Yes, you can import CSV into Excel file and convert Excel file to Pdf in Cloud as well. Since, Cloud is independent platform, Node JS will also work with it.

Hi,
For a 47 mb csv file my java process is running out of memory (3g set). Is this normal ? Is there some way to save on memory?

This is my final code ; but it still has memory issues. If the csv has more than a million rows then I split it and the else part gets executed. One thing i noticed is that once the pdf is processed the memory is not going down. Is there some stream that I need to close ?

Workbook wb = null;
String srcFileName = fileName.substring(0,fileName.lastIndexOf("."));
if (csvFileCount > 0) {
wb = new Workbook();
wb.getSettings().setMemorySetting(MemorySetting.MEMORY_PREFERENCE);
WorksheetCollection sheets = wb.getWorksheets();
TxtLoadOptions loadOpt = new TxtLoadOptions(LoadFormat.CSV);
loadOpt.setMemorySetting(MemorySetting.MEMORY_PREFERENCE);
for (int i = 1; i <= csvFileCount; i++) {

  		Worksheet sheet = sheets.get(i-1);
  		sheet.getCells().setMemorySetting(MemorySetting.MEMORY_PREFERENCE);
  		sheet.getCells().importCSV(localDir + "/" + srcFileName + i+".csv", loadOpt, 0, 0);

  		sheet.getPageSetup().setPrintGridlines(true);
  		sheet.autoFitColumns();

  		sheets.add();
  	}
  }else {
  	LoadOptions opts = new LoadOptions(LoadFormat.CSV);
  	opts.setMemorySetting(MemorySetting.MEMORY_PREFERENCE);
  	wb = new Workbook(localDir+"/"+fileName,opts);

  	wb.getSettings().setMemorySetting(MemorySetting.MEMORY_PREFERENCE);
  	
  	Worksheet ws = wb.getWorksheets().get(0);			
  	ws.getPageSetup().setPrintGridlines(true);
  	ws.autoFitColumns();
  	
  }
  PdfSaveOptions pdfopts = new PdfSaveOptions();
  pdfopts.setGridlineType(GridlineType.HAIR);
  

  wb.save(localDir+"/"+srcFileName+".pdf",pdfopts);

Thanks in advance
bp

@bpaul

Thanks for using Aspose APIs.

Please share with us your 47 MB CSV file. If the file is split to several files, then share with us the split files.

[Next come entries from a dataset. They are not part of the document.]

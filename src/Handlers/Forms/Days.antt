-- ===== src/Handlers/Forms/Days.antt =====
-- Days as Go's `Time.Format("2006-01-02")` prints them, read back by `time.Parse`.
use billtracker_plugin.Base.{
  ℕ, ◌+◌, ◌*◌, ◌/◌, ◌%◌, ◌≤◌, ◌≡◌, true, some, [], ◌∷◌, ◌++◌, Bytes, ltb, if◌then◌else◌, arith,
  lt→ltb,
}
use billtracker_plugin.Base.Decimal.{decimal}
use billtracker_plugin.Calendar.Order.{days_in_month_bounds}
use billtracker_plugin.Calendar.{Date}
use billtracker_plugin.Models.Rows.{date_exists}
use billtracker_plugin.Handlers.Forms.{parse_date, day_of, two_digits}

abbrev two_of : ℕ → Bytes
two_of n = (b'0' + n / 10 % 10) ∷ (b'0' + n % 10) ∷ []

-- A year has four digits at least.
abbrev year_text : ℕ → Bytes
year_text y = if ltb y 10_000 then two_of (y / 100) ++ two_of y else decimal y

-- `t.Format("2006-01-02")`.
unfoldable pub format_date : Date → Bytes
format_date t = year_text t.year ++ b'-' ∷ two_of t.month ++ b'-' ∷ two_of t.day

two_digits-two_of : (n : ℕ) → two_digits (b'0' + n / 10 % 10) (b'0' + n % 10) ≡ some (n % 100)
two_digits-two_of n = ground arith

day_of-parts :
    (t : Date)
    → date_exists t ≡ true
    → t.year ≤ 9999
    → day_of
        (some (t.year / 100 % 100))
        (some (t.year % 100))
        (some (t.month % 100))
        (some (t.day % 100))
      ≡ some t
day_of-parts t exists small =
    let year : t.year / 100 % 100 * 100 + t.year % 100 ≡ t.year = omega arith in
    let month : t.month % 100 ≡ t.month = ground arith in
    let day : t.day % 100 ≡ t.day = ground (arith, days_in_month_bounds t.year t.month) in
    rw (year, month, day) (ground arith)

-- A printed day of the years 1 to 9999 is read back.
pub parse_date-format_date :
    (t : Date) → date_exists t ≡ true → t.year ≤ 9999 → parse_date (format_date t) ≡ some t
unfolding parse_date format_date
parse_date-format_date t exists small =
    rw
      (
        lt→ltb t.year 10_000 (omega arith),
        two_digits-two_of (t.year / 100),
        two_digits-two_of t.year,
        two_digits-two_of t.month,
        two_digits-two_of t.day,
      )
      (day_of-parts t exists small)
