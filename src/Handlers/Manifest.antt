-- ===== src/Handlers/Manifest.antt =====
-- internal/handlers/manifest.go: what the plugin says of itself. The icon, a literal, is left out.
use billtracker_plugin.Base.{Bool, true, List, [], ◌∷◌, Bytes, codes}

pub record ManifestView : Type 0 where
  pub id : Bytes
  pub enabled : Bool
  pub label : Bytes

pub record Manifest : Type 0 where
  pub id : Bytes
  pub name : Bytes
  pub version : Bytes
  pub views : List ManifestView
  pub provides_events : Bool

-- `App.Manifest`, over the plugin's version.
unfoldable pub manifest : Bytes → Manifest
manifest version = record {
  id = codes "bill-tracker";
  name = codes "Bill Tracker";
  version = version;
  views = record { id = codes "bills"; enabled = true; label = codes "Bills" } ∷ [];
  provides_events = true;
}
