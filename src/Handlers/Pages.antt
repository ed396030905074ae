-- ===== src/Handlers/Pages.antt =====
-- internal/handlers/view.go (`View`): the rows that the view's template prints.
pub mod Rows
pub mod Table
pub mod Editing
use billtracker_plugin.Base.{
  ℕ, ◌-◌, Bool, true, false, not, ◌&&◌, Option, none, some, List, [], ◌∷◌, ◌++◌, map, Bytes, codes,
  ◌==◌, if◌then◌else◌,
}
use billtracker_plugin.Base.Int.{ℤ, pos, negsuc}
use billtracker_plugin.Base.Decimal.{decimal}
use billtracker_plugin.Float.{format_cents, format_cents_plain}
use billtracker_plugin.Errors.{Error, Result, ok, err, no_simplefin_connection}
use billtracker_plugin.Calendar.{Date, before, add_days}
use billtracker_plugin.Clock.{Clock}
use billtracker_plugin.Schedule.{ScheduleType, monthly, quarterly, one_off, vendor, BillDefinition}
use billtracker_plugin.Handlers.Forms.Days.{format_date}
use billtracker_plugin.Models.Rows.{Account, BillInstanceView, SimpleFinConnection, Instant}
use billtracker_plugin.Models.Database.{Exec, pure, fail, attempt, ◌>>=◌}
use billtracker_plugin.Models.Bills
use billtracker_plugin.Models.Instances
use billtracker_plugin.Models.Accounts
use billtracker_plugin.Models.SimpleFin

-- The text of a nullable column, empty for NULL.
abbrev text_of : Option Bytes → Bytes
text_of none = []
text_of (some s) = s

pub record ViewBillRow : Type 0 where
  pub name : Bytes
  pub amount : Bytes
  pub due : Date
  pub overdue : Bool

pub record ViewAccountRow : Type 0 where
  pub name : Bytes
  pub org_name : Bytes
  pub balance : Bytes
  pub is_credit : Bool

pub record ViewData : Type 0 where
  pub bills : List ViewBillRow
  pub accounts : List ViewAccountRow
  pub simplefin_connected : Bool

abbrev pub view_bill_row : Date → BillInstanceView → ViewBillRow
view_bill_row today i = record {
  name = i.name;
  amount = format_cents i.amount_cents;
  due = i.due_date;
  overdue = before i.due_date today;
}

abbrev pub view_account_row : Account → ViewAccountRow
view_account_row a = record {
  name = Accounts.effective_name a;
  org_name = text_of a.org_name;
  balance = format_cents a.balance_cents;
  is_credit = Accounts.is_credit a;
}

module _ {R : Type 0} (row : Account → R) where
  -- The loop that sorts account rows into `bankRows` and `creditRows`, and the two joined.
  unfoldable pub split_rows : List R → List R → List Account → List R
  split_rows bank credit [] = bank ++ credit
  split_rows bank credit (a ∷ as') =
      let as_credit = split_rows bank (credit ++ row a ∷ []) as' in
      let as_bank = split_rows (bank ++ row a ∷ []) credit as' in
      if Accounts.is_credit a then as_credit else as_bank

abbrev with_accounts : List ViewBillRow → List Account → ViewData
with_accounts bills accounts = record {
  bills = bills;
  accounts = split_rows view_account_row [] [] accounts;
  simplefin_connected = true;
}

abbrev without_accounts : List ViewBillRow → Bool → ViewData
without_accounts bills connected = record {
  bills = bills;
  accounts = [];
  simplefin_connected = connected;
}

-- What `View` hands to its template; an error of the first query is answered with status 500.
unfoldable pub view : Clock → Exec ViewData
view clock = Instances.list_upcoming_unpaid (add_days clock.today (pos 60)) >>= λ instances.
    let bills = map (view_bill_row clock.today) instances in
    attempt SimpleFin.get (λ _. pure (without_accounts bills false))
      λ _.
        attempt Accounts.list_visible (λ _. pure (without_accounts bills true))
          λ accounts. pure (with_accounts bills accounts)
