-- ===== src/Handlers/Pages/Table.antt =====
-- internal/handlers/settings.go, `buildSettingsPageData`: the rows that the settings page prints.
use billtracker_plugin.Base.{
  ℕ, Bool, true, false, Option, none, some, List, [], ◌∷◌, ◌++◌, map, Bytes, codes, ◌==◌,
  if◌then◌else◌,
}
use billtracker_plugin.Base.Int.{pos, negsuc}
use billtracker_plugin.Base.Decimal.{decimal}
use billtracker_plugin.Float.{format_cents, format_cents_plain}
use billtracker_plugin.Errors.{Error, no_simplefin_connection}
use billtracker_plugin.Calendar.{Date, add_days}
use billtracker_plugin.Clock.{Clock}
use billtracker_plugin.Schedule.{ScheduleType, monthly, quarterly, one_off, vendor, BillDefinition}
use billtracker_plugin.Handlers.Forms.Days.{format_date}
use billtracker_plugin.Handlers.Pages.{text_of, split_rows}
use billtracker_plugin.Models.Rows.{Account, BillInstanceView, SimpleFinConnection, Instant}
use billtracker_plugin.Models.Database.{Exec, pure, fail, attempt, ◌>>=◌}
use billtracker_plugin.Models.Bills
use billtracker_plugin.Models.Instances
use billtracker_plugin.Models.Accounts
use billtracker_plugin.Models.SimpleFin

pub record SettingsInstanceRow : Type 0 where
  pub instance_id : ℕ
  pub name : Bytes
  pub amount : Bytes
  pub due : Date
  pub paid : Bool
  pub bootstrap_managed : Bool

-- `quarterRotationMonths`, with the empty text where the map has no entry.
abbrev quarter_rotation_months : ℕ → Bytes
quarter_rotation_months m =
    if m == 1
    then codes "Jan/Apr/Jul/Oct"
    else if m == 2
    then codes "Feb/May/Aug/Nov"
    else if m == 3
    then codes "Mar/Jun/Sep/Dec"
    else []

-- `scheduleDescription`.
unfoldable pub schedule_description : ScheduleType → Option ℕ → Option ℕ → Option Date → Bytes
schedule_description one_off day start (some t) = codes "One-off: " ++ format_date t
schedule_description monthly (some day) start t = codes "Monthly on day " ++ decimal day
schedule_description quarterly (some day) (some start) t =
    codes "Quarterly (" ++ quarter_rotation_months start ++ codes ") on day " ++ decimal day
schedule_description _ _ _ _ = codes "Unknown schedule"

-- `string(def.ScheduleType)`.
abbrev pub schedule_word : ScheduleType → Bytes
schedule_word monthly = codes "monthly"
schedule_word quarterly = codes "quarterly"
schedule_word one_off = codes "one_off"
schedule_word vendor = codes "vendor"

-- `strconv.Itoa` of a nullable column, empty for NULL.
abbrev pub number_of : Option ℕ → Bytes
number_of none = []
number_of (some n) = decimal n

abbrev pub day_text : Option Date → Bytes
day_text none = []
day_text (some t) = format_date t

pub record SettingsBillDefRow : Type 0 where
  pub id : ℕ
  pub name : Bytes
  pub amount : Bytes
  pub amount_dollars : Bytes
  pub schedule_desc : Bytes
  pub schedule_type : Bytes
  pub day_of_month : Bytes
  pub quarter_start_month : Bytes
  pub one_off_date : Bytes
  pub vendor_url : Bytes
  pub bootstrap_managed : Bool

pub record SettingsAccountRow : Type 0 where
  pub id : ℕ
  pub name : Bytes
  pub display_name : Bytes
  pub org_name : Bytes
  pub balance : Bytes
  pub visible : Bool
  pub is_credit : Bool

pub record SettingsPageData : Type 0 where
  pub instances : List SettingsInstanceRow
  pub definitions : List SettingsBillDefRow
  pub simplefin_connected : Bool
  pub simplefin_last_synced : Option Instant
  pub simplefin_last_error : Option Error
  pub accounts : List SettingsAccountRow

-- `bootstrapByID`: the last definition with the id has the say; false without one.
unfoldable pub bootstrap_by_id : Bool → List BillDefinition → ℕ → Bool
bootstrap_by_id otherwise [] id = otherwise
bootstrap_by_id otherwise (d ∷ ds) id =
    bootstrap_by_id (if d.id == id then d.bootstrap_managed else otherwise) ds id

abbrev pub settings_instance_row : List BillDefinition → BillInstanceView → SettingsInstanceRow
settings_instance_row defs i = record {
  instance_id = i.instance_id;
  name = i.name;
  amount = format_cents i.amount_cents;
  due = i.due_date;
  paid = i.paid;
  bootstrap_managed = bootstrap_by_id false defs i.definition_id;
}

abbrev pub settings_bill_def_row : BillDefinition → SettingsBillDefRow
settings_bill_def_row d = record {
  id = d.id;
  name = d.name;
  amount = format_cents d.amount_cents;
  amount_dollars = format_cents_plain d.amount_cents;
  schedule_desc =
      schedule_description d.schedule_type d.day_of_month d.quarter_start_month d.one_off_date;
  schedule_type = schedule_word d.schedule_type;
  day_of_month = number_of d.day_of_month;
  quarter_start_month = number_of d.quarter_start_month;
  one_off_date = day_text d.one_off_date;
  vendor_url = text_of d.vendor_url;
  bootstrap_managed = d.bootstrap_managed;
}

abbrev pub settings_account_row : Account → SettingsAccountRow
settings_account_row a = record {
  id = a.id;
  name = a.name;
  display_name = text_of a.display_name;
  org_name = text_of a.org_name;
  balance = format_cents a.balance_cents;
  visible = a.visible;
  is_credit = Accounts.is_credit a;
}

abbrev unconnected : List BillInstanceView → List BillDefinition → SettingsPageData
unconnected instances defs = record {
  instances = map (settings_instance_row defs) instances;
  definitions = map settings_bill_def_row defs;
  simplefin_connected = false;
  simplefin_last_synced = none;
  simplefin_last_error = none;
  accounts = [];
}

abbrev connected : SettingsPageData → SimpleFinConnection → List Account → SettingsPageData
connected page conn accounts = record page {
  simplefin_connected = true;
  simplefin_last_synced = conn.last_synced_at;
  simplefin_last_error = conn.last_sync_error;
  accounts = split_rows settings_account_row [] [] accounts;
}

-- An error other than `ErrNoSimpleFinConnection` is returned.
abbrev pub is_unconnected : Error → Bool
is_unconnected no_simplefin_connection = true
is_unconnected e = false

abbrev pub unless_unconnected : SettingsPageData → Error → Exec SettingsPageData
unless_unconnected page e = if is_unconnected e then pure page else fail e

-- `buildSettingsPageData`: from 30 days back to 90 days ahead.
unfoldable pub build_settings_page_data : Clock → Exec SettingsPageData
build_settings_page_data clock =
    Instances.list_all_for_settings (add_days clock.utc_midnight (negsuc 29))
      (add_days clock.utc_midnight (pos 90))
    >>= λ instances. Bills.list_all >>= λ defs.
        let page = unconnected instances defs in
        attempt SimpleFin.get (unless_unconnected page)
          λ conn. Accounts.list_all >>= λ accounts. pure (connected page conn accounts)
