-- ===== src/Handlers/Pages/Editing.antt =====
-- web/templates/settings/_bills_table.html and _bill_fields.html: the form that the settings page shows for a bill, filled
-- in from its row, as a browser sends it back when nobody changed a field.
use billtracker_plugin.Base.{
  ℕ, zero, suc, ◌^◌, ◌≤◌, ◌<◌, ◌≡◌, ◌≢◌, refl, ◌∙◌, true, false, not, ◌||◌, Option, none, some, [],
  Bytes, codes, same, is_empty, select, trim_space, ◌==◌, if◌then◌else◌, arith,
}
use billtracker_plugin.Base.Int.{ℤ, pos}
use billtracker_plugin.Base.Atoi.{atoi, digits_from}
use billtracker_plugin.Base.Decimal.{decimal, atoi-decimal}
use billtracker_plugin.Errors.{ok}
use billtracker_plugin.Float.Dollars.{up_reads}
use billtracker_plugin.Calendar.{Date}
use billtracker_plugin.Schedule.{ScheduleType, monthly, quarterly, one_off, vendor, BillDefinition}
use billtracker_plugin.Models.Rows.{between, row_allowed, schedule_allowed}
use billtracker_plugin.Handlers.Forms.{
  Form, unscheduled, in_range, scheduled, url_of, parse_bill_form, parse_date,
}
use billtracker_plugin.Handlers.Forms.Days.{parse_date-format_date}
use billtracker_plugin.Handlers.Pages.{text_of}
use billtracker_plugin.Handlers.Pages.Table.{
  number_of, schedule_word, day_text, SettingsBillDefRow, settings_bill_def_row,
}

-- What a `select` sends: the option whose value is the row's, or else its first.
abbrev one_of : Bytes → Bytes → Bytes → Bytes → Bytes
one_of first second third value =
    if same value second then second else if same value third then third else first

-- An `input` of type text has no line breaks.
abbrev on_one_line : Bytes → Bytes
on_one_line s = select (λ c. not (c == 10 || c == 13)) s

unfoldable pub bill_fields : SettingsBillDefRow → Form
bill_fields row field =
    if same field (codes "name")
    then on_one_line row.name
    else if same field (codes "amount")
    then row.amount_dollars
    else if same field (codes "schedule")
    then one_of (codes "monthly") (codes "quarterly") (codes "one_off") row.schedule_type
    else if same field (codes "day_of_month")
    then row.day_of_month
    else if same field (codes "quarter_start_month")
    then one_of (codes "1") (codes "2") (codes "3") row.quarter_start_month
    else if same field (codes "one_off_date")
    then row.one_off_date
    else if same field (codes "vendor_url")
    then on_one_line row.vendor_url
    else []

-- The whole form, with its hidden fields.
unfoldable pub edit_form : SettingsBillDefRow → Form
edit_form row field =
    if same field (codes "action")
    then codes "update_bill"
    else if same field (codes "id")
    then decimal row.id
    else bill_fields row field

-- Text that a field of type text keeps, and that `strings.TrimSpace` leaves alone.
pub record IsPlain (s : Bytes) : Type 0 where
  pub not_empty : is_empty s ≡ false
  pub trimmed : trim_space s ≡ s
  pub one_line : on_one_line s ≡ s

abbrev pub PlainUrl : Option Bytes → Type 0
PlainUrl none = Unit
PlainUrl (some url) = IsPlain url

abbrev pub WritableDay : Option Date → Type 0
WritableDay none = Unit
WritableDay (some t) = t.year ≤ 9999

-- The columns that the form has.
abbrev pub as_typed : BillDefinition → BillDefinition
as_typed d = record d { id = 0; simplefin_account_id = none; bootstrap_managed = false }

url_kept :
    (u : Option Bytes)
    → PlainUrl u
    → let typed = on_one_line (text_of u) in url_of typed (trim_space typed) ≡ u
unfolding trim_space
url_kept none h = refl
url_kept (some s) h = rw (h.one_line, h.trimmed, h.not_empty) refl

abbrev with_schedule :
    BillDefinition → ScheduleType → Option ℕ → Option ℕ → Option Date → BillDefinition
with_schedule b kind day start t = record b {
  schedule_type = kind;
  day_of_month = day;
  quarter_start_month = start;
  one_off_date = t;
}

-- The number of a rotation, as the `select` sends it.
abbrev rotation : Option ℕ → Bytes
rotation start = one_of (codes "1") (codes "2") (codes "3") (number_of start)

rotation_reads :
    (start : ℕ) → between 1 3 start ≡ true → atoi (rotation (some start)) ≡ some (pos start)
unfolding atoi digits_from same decimal
rotation_reads zero h = cc
rotation_reads (suc zero) h = refl
rotation_reads (suc (suc zero)) h = refl
rotation_reads (suc (suc (suc zero))) h = refl
rotation_reads (suc (suc (suc (suc n)))) h = absurd (ground arith)

day_reads :
    (lo hi : ℕ) (n : ℕ)
    → between lo hi n ≡ true
    → hi ≤ 31
    → in_range lo hi (atoi (decimal n)) ≡ some n
day_reads lo hi n h small = rw (atoi-decimal n (ground arith)) (ground arith)

module _ (name : Bytes) (cents : ℤ) (url : Option Bytes) where
  abbrev blank : BillDefinition
  blank = unscheduled name cents url

  -- The schedule's fields, as they are sent, give the schedule back.
  scheduled-sent :
      (kind : ScheduleType) (day start : Option ℕ) (t : Option Date)
      → schedule_allowed kind day start t ≡ true
      → kind ≢ vendor
      → WritableDay t
      → scheduled blank
          (one_of (codes "monthly") (codes "quarterly") (codes "one_off") (schedule_word kind))
          (atoi (number_of day))
          (atoi (rotation start))
          (parse_date (day_text t))
        ≡ ok (with_schedule blank kind day start t)
  unfolding scheduled same schedule_allowed
  scheduled-sent monthly (some day) none none h v w = rw (day_reads 1 31 day h (omega arith)) refl
  scheduled-sent quarterly (some day) (some start) none h v w =
      rw (day_reads 1 31 day (ground arith) (omega arith), rotation_reads start (ground arith))
        (ground arith)
  scheduled-sent one_off none none (some t) h v w = rw (parse_date-format_date t h w) refl
  scheduled-sent vendor _ _ _ h v w = absurd (v refl)
  scheduled-sent _ _ _ _ h v w = cc

module _ (d : BillDefinition) (name : IsPlain d.name) (url : PlainUrl d.vendor_url) where
  abbrev sent : Form
  sent = edit_form (settings_bill_def_row d)

  parse_of_parts :
      (n : ℕ) (word : Bytes) (day start : Option ℤ) (t : Option Date)
      → n < 2 ^ 50
      → d.amount_cents ≡ pos n
      → sent (codes "schedule") ≡ word
      → atoi (sent (codes "day_of_month")) ≡ day
      → atoi (sent (codes "quarter_start_month")) ≡ start
      → parse_date (sent (codes "one_off_date")) ≡ t
      → parse_bill_form sent ≡ scheduled (unscheduled d.name (pos n) d.vendor_url) word day start t
  unfolding parse_bill_form bill_fields edit_form same
  parse_of_parts n word day start t small amount w d' s t' =
      rw
        (
          name.one_line,
          name.trimmed,
          name.not_empty,
          amount,
          up_reads n small,
          w,
          d',
          s,
          t',
          url_kept d.vendor_url url,
          name.one_line,
          name.trimmed,
        )
        refl

-- A bill of the table that people set up, with an amount of zero or more, and with a name, a link and
-- a day that the form's fields can hold.
pub record IsEditable (d : BillDefinition) : Type 0 where
  pub cents : ℕ
  pub amount : d.amount_cents ≡ pos cents
  pub allowed : row_allowed d ≡ true
  pub scheduled_by_hand : d.schedule_type ≢ vendor
  pub day : WritableDay d.one_off_date
  pub plain_name : IsPlain d.name
  pub plain_url : PlainUrl d.vendor_url

-- The form that the settings page shows for such a bill, sent back with no field changed, is
-- accepted, and gives every column that the form has as it is in the row.
pub parse_bill_form-edit_form :
    (d : BillDefinition)
    → IsEditable d
    → parse_bill_form (edit_form (settings_bill_def_row d)) ≡ ok (as_typed d)
unfolding row_allowed bill_fields edit_form same
parse_bill_form-edit_form d h =
    let allowed = h.allowed in
    let amount = h.amount in
    parse_of_parts d h.plain_name h.plain_url h.cents _ _ _ _ (ground arith) amount refl refl refl
      refl
    ∙ scheduled-sent d.name (pos h.cents) d.vendor_url d.schedule_type d.day_of_month
        d.quarter_start_month d.one_off_date (ground arith) h.scheduled_by_hand h.day
    ∙ rw (← amount) refl
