-- ===== src/Handlers/Pages/Rows.antt =====
-- What the rows of the pages are.
use billtracker_plugin.Base.{
  ◌≡◌, ap, not, List, [], ◌∷◌, ◌++◌, map, append_assoc, append-nil, select, Bool-cases, inl, inr,
}
use billtracker_plugin.Models.Rows.{Account}
use billtracker_plugin.Models.Accounts.{is_credit}
use billtracker_plugin.Handlers.Pages.{split_rows}

module _ {R : Type 0} (row : Account → R) where
  split_rows_lem :
      (bank credit : List R) (accounts : List Account)
      → split_rows row bank credit accounts
        ≡ (bank ++ map row (select (λ a. not (is_credit a)) accounts))
          ++ (credit ++ map row (select is_credit accounts))
  unfolding split_rows
  split_rows_lem bank credit [] = rw (append-nil, append-nil)
  split_rows_lem bank credit (a ∷ as') = elim (Bool-cases (is_credit a)) [
    | inl e ↦
        rw (e, split_rows_lem bank (credit ++ row a ∷ []) as')
          (ap (λ xs. (bank ++ map row (select (λ a. not (is_credit a)) as')) ++ xs)
            (append_assoc credit (row a ∷ []) (map row (select is_credit as'))))
    | inr e ↦
        rw (e, split_rows_lem (bank ++ row a ∷ []) credit as')
          (ap (λ xs. xs ++ (credit ++ map row (select is_credit as')))
            (append_assoc bank (row a ∷ []) (map row (select (λ a. not (is_credit a)) as'))))
  ]

  -- The account rows of both pages are those of the accounts with a balance of zero or more, and
  -- behind them those with debts, each in the order that the query gave.
  pub split_rows_groups :
      (accounts : List Account)
      → split_rows row [] [] accounts
        ≡ map row (select (λ a. not (is_credit a)) accounts) ++ map row (select is_credit accounts)
  split_rows_groups accounts = split_rows_lem [] [] accounts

You can upload your files to DropBox or Google Drive etc. and then share the download links here.

Hi Shakeel,

Thanks for the response. I was able to resolve the memory issue in the meantime; it was more to do with the docker container not allocating adequate memory to the java process. I was able to process files of size 200 MB. The only question I have now is once the memory utilization goes up, it is not getting reclaimed. Is there anything more that needs to be done from a code perspective to reclaim the memory ?

Thanks
bp

@bpaul

Please investigate if you are facing Memory Leakage problem in Aspose.Cells. Let us know how to reproduce it so that we could fix it.

But if you find that there is no memory leakage due to Aspose.Cells, then you should find out how to reclaim your memory from garbage collector.

You can ask such a question from stackoverflow or other such websites. Please also check this question relating to garbage collection and reclaiming the memory.

Hi,

When the csv has columns whose (data)length is large, then these columns are moved to separate sheets.
For example if there are columns column1,column2,column3,column4,column5; if column4 is very long then the first sheet will only show column1,column2,column3 and then column4 and column5 appears on a separate page. Can this be accompanied in one page ?

@bpaul

Thanks for using Aspose APIs.

Please provide us your sample code and sample Excel file(s) if there are any replicating this issue. We will look into it and help you asap.

Please also try AllColumnsInOnePagePerSheet or OnePagePerSheet option first. These properties may fix your issue.